DESCRIPTION OF THE TASK. Please repeat the listing exactly, starting at its first line and stopping after the line that contains "otherwise false a b n h = (refl, h)".

EXERCISE INPUTS.
——————
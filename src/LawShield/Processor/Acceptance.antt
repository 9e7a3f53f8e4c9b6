-- ===== src/LawShield/Processor/Acceptance.antt =====
-- An accepted request passed every check of law-shield/lawshield/durable/processor.js.
use arma_partner_api_sandbox.Prelude.{
  ℕ, Bool, true, false, not, ◌&&◌, Option, none, some, ◌≡◌, refl, ◌==◌, Result, ok, err, eq_iff,
  ltb, abs_diff, ◌≤◌, arith, if◌then◌else◌,
}
use arma_partner_api_sandbox.Prelude.Json.{Json}
use arma_partner_api_sandbox.LawShield.Store.{Store}
use arma_partner_api_sandbox.LawShield.Store.Exec.{Exec, continue, pure}
use arma_partner_api_sandbox.LawShield.Store.Writes.{nonce_validity_window_ms, is_nonce}
use arma_partner_api_sandbox.LawShield.Envelope.{
  Platform, Envelope, integration_schema_version, validate_envelope,
}
use arma_partner_api_sandbox.LawShield.Processor.{
  Request, Outcome, accepted_kind, kind_in, bare_error,
}
use arma_partner_api_sandbox.LawShield.Processor.Writes.{answer}
use arma_partner_api_sandbox.LawShield.Processor.Decide.{
  process_fresh, process_envelope, best_effort_audit, invalid_entry, invalid_answer, by_validation,
  by_parse, is_content_hash, process_transfer_request,
}
use arma_partner_api_sandbox.LawShield.Processor.Permission.{IsNoAcceptance}
use arma_partner_api_sandbox.LawShield.Processor.Permitted.{IsFresh, by_nonce-IsFresh}

abbrev Accepts : Result Outcome × Store → Type 0
Accepts x = kind_in x.0 ≡ some accepted_kind

truth : (x : Bool) → not x ≡ false → x ≡ true
truth x h = ground arith

in_bounds : (m n : ℕ) → ltb m n ≡ false → n ≤ m
in_bounds m n h = ground arith

-- an early return that does not accept was not taken
otherwise :
    (c : Bool) (a b : Result Outcome × Store)
    → IsNoAcceptance a
    → Accepts (if c then a else b)
    → (c ≡ false) × Accepts b
otherwise true a b n h = absurd (n h)
otherwise false a b n h = (refl, h)

-- The body has the forwarded hash, the envelope was sent within the window, its nonce is not known,
-- and the transfer is permitted.
pub record IsIntact (p : Platform) (q : Request) (s : Store) (e : Envelope) : Type 0 where
  pub body : p.sha256_hex q.raw_body ≡ q.forwarded.content_sha256
  pub in_time : abs_diff q.now e.sent_at ≤ nonce_validity_window_ms
  pub fresh : IsFresh p q s e

process_envelope-IsIntact :
    (p : Platform) (q : Request) (e : Envelope) (s : Store)
    → Accepts (process_envelope p q e s)
    → IsIntact p q s e
unfolding process_envelope process_fresh answer kind_in
process_envelope-IsIntact p q e s h =
    let a =
      otherwise
        (not (q.forwarded.transfer_id == "") && not (q.forwarded.transfer_id == e.transfer_id)) _ _
        (λ k. absurd (cc k)) h in
    let b =
      otherwise (not (p.sha256_hex q.raw_body == q.forwarded.content_sha256)) _ _
        (λ k. absurd (cc k)) a.1 in
    let c =
      otherwise (ltb nonce_validity_window_ms (abs_diff q.now e.sent_at)) _ _ (λ k. absurd (cc k))
        b.1 in
    record {
      body =
          (eq_iff (p.sha256_hex q.raw_body) q.forwarded.content_sha256).0
            (truth (p.sha256_hex q.raw_body == q.forwarded.content_sha256) b.0);
      in_time = in_bounds nonce_validity_window_ms (abs_diff q.now e.sent_at) c.0;
      fresh = by_nonce-IsFresh p q e _ s refl c.1;
    }

-- The request was made while the processor is enabled, under a well-formed nonce, with a body that
-- holds a valid envelope.
pub record IsChecked (p : Platform) (q : Request) (s : Store) : Type 0 where
  pub enabled : q.is_disabled ≡ false
  pub nonce : is_nonce q.forwarded.nonce ≡ true
  pub value : Json
  pub parsed : p.parse q.raw_body ≡ some value
  pub envelope : Envelope
  pub valid : validate_envelope p q.clock value ≡ ok envelope
  pub intact : IsIntact p q s envelope

continue-IsNoAcceptance :
    (r : Result (Unit {0})) (f : Unit {0} → Exec Outcome) (s : Store)
    → ((u : Unit {0}) (s' : Store) → IsNoAcceptance (f u s'))
    → IsNoAcceptance (continue r f s)
unfolding kind_in
continue-IsNoAcceptance (ok u) f s n = n u s
continue-IsNoAcceptance (err e) f s n = λ h. absurd (cc (h))

by_validation-ok :
    (p : Platform) (q : Request) (j : Json) (r : Result Envelope) (s : Store)
    → Accepts (by_validation p q j r s)
    → (e : Envelope) × (r ≡ ok e) × IsIntact p q s e
unfolding by_validation invalid_answer answer kind_in
by_validation-ok p q j (ok e) s h = (e, refl, process_envelope-IsIntact p q e s h)
by_validation-ok p q j (err code) s h =
    let audit = best_effort_audit q (invalid_entry q j code) s in
    absurd (
      continue-IsNoAcceptance audit.0 (λ _. pure (invalid_answer j code)) audit.1
        (λ u s' k. absurd (cc (k))) h)

by_parse-ok :
    (p : Platform) (q : Request) (o : Option Json) (s : Store)
    → Accepts (by_parse p q o s)
    → (j : Json) × (o ≡ some j)
      × (e : Envelope) × (validate_envelope p q.clock j ≡ ok e)
      × IsIntact p q s e
unfolding by_parse bare_error kind_in
by_parse-ok p q none s h = absurd (cc h)
by_parse-ok p q (some j) s h =
    let r = by_validation-ok p q j (validate_envelope p q.clock j) s h in (j, refl, r.0, r.1, r.2)

-- A request is accepted only while the processor is enabled, with a well-formed nonce that the
-- registry does not know and a body of the forwarded hash that holds a valid envelope, sent within
-- the window of the time of the request, whose transfer is permitted: by its authorizer, the
-- mappings of its organization and incident, and the disclosure policy.
pub process_transfer_request-IsChecked :
    (p : Platform) (q : Request) (s : Store)
    → kind_in (process_transfer_request p q s).0 ≡ some accepted_kind
    → IsChecked p q s
unfolding process_transfer_request bare_error kind_in
process_transfer_request-IsChecked p q s h =
    let a = otherwise q.is_disabled _ _ (λ k. absurd (cc k)) h in
    let b = otherwise (q.raw_body == "") _ _ (λ k. absurd (cc k)) a.1 in
    let c = otherwise (not (is_nonce q.forwarded.nonce)) _ _ (λ k. absurd (cc k)) b.1 in
    let d =
      otherwise (not (is_content_hash q.forwarded.content_sha256)) _ _ (λ k. absurd (cc k)) c.1 in
    let f =
      otherwise (not (q.forwarded.schema_version == integration_schema_version)) _ _
        (λ k. absurd (cc k)) d.1 in
    let g = by_parse-ok p q (p.parse q.raw_body) s f.1 in
    record {
      enabled = a.0;
      nonce = truth (is_nonce q.forwarded.nonce) c.0;
      value = g.0;
      parsed = g.1;
      envelope = g.2;
      valid = g.3;
      intact = g.4;
    }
——————
REPLY TO THE TASK.
filename src/LawShield/Processor/Acceptance.antt
repository 9e7a3f53f8e4c9b6
-- ===== src/LawShield/Processor/Acceptance.antt =====
-- An accepted request passed every check of law-shield/lawshield/durable/processor.js.
use arma_partner_api_sandbox.Prelude.{
  ℕ, Bool, true, false, not, ◌&&◌, Option, none, some, ◌≡◌, refl, ◌==◌, Result, ok, err, eq_iff,
  ltb, abs_diff, ◌≤◌, arith, if◌then◌else◌,
}
use arma_partner_api_sandbox.Prelude.Json.{Json}
use arma_partner_api_sandbox.LawShield.Store.{Store}
use arma_partner_api_sandbox.LawShield.Store.Exec.{Exec, continue, pure}
use arma_partner_api_sandbox.LawShield.Store.Writes.{nonce_validity_window_ms, is_nonce}
use arma_partner_api_sandbox.LawShield.Envelope.{
  Platform, Envelope, integration_schema_version, validate_envelope,
}
use arma_partner_api_sandbox.LawShield.Processor.{
  Request, Outcome, accepted_kind, kind_in, bare_error,
}
use arma_partner_api_sandbox.LawShield.Processor.Writes.{answer}
use arma_partner_api_sandbox.LawShield.Processor.Decide.{
  process_fresh, process_envelope, best_effort_audit, invalid_entry, invalid_answer, by_validation,
  by_parse, is_content_hash, process_transfer_request,
}
use arma_partner_api_sandbox.LawShield.Processor.Permission.{IsNoAcceptance}
use arma_partner_api_sandbox.LawShield.Processor.Permitted.{IsFresh, by_nonce-IsFresh}

abbrev Accepts : Result Outcome × Store → Type 0
Accepts x = kind_in x.0 ≡ some accepted_kind

truth : (x : Bool) → not x ≡ false → x ≡ true
truth x h = ground arith

in_bounds : (m n : ℕ) → ltb m n ≡ false → n ≤ m
in_bounds m n h = ground arith

-- an early return that does not accept was not taken
otherwise :
    (c : Bool) (a b : Result Outcome × Store)
    → IsNoAcceptance a
    → Accepts (if c then a else b)
    → (c ≡ false) × Accepts b
otherwise true a b n h = absurd (n h)
otherwise false a b n h = (refl, h)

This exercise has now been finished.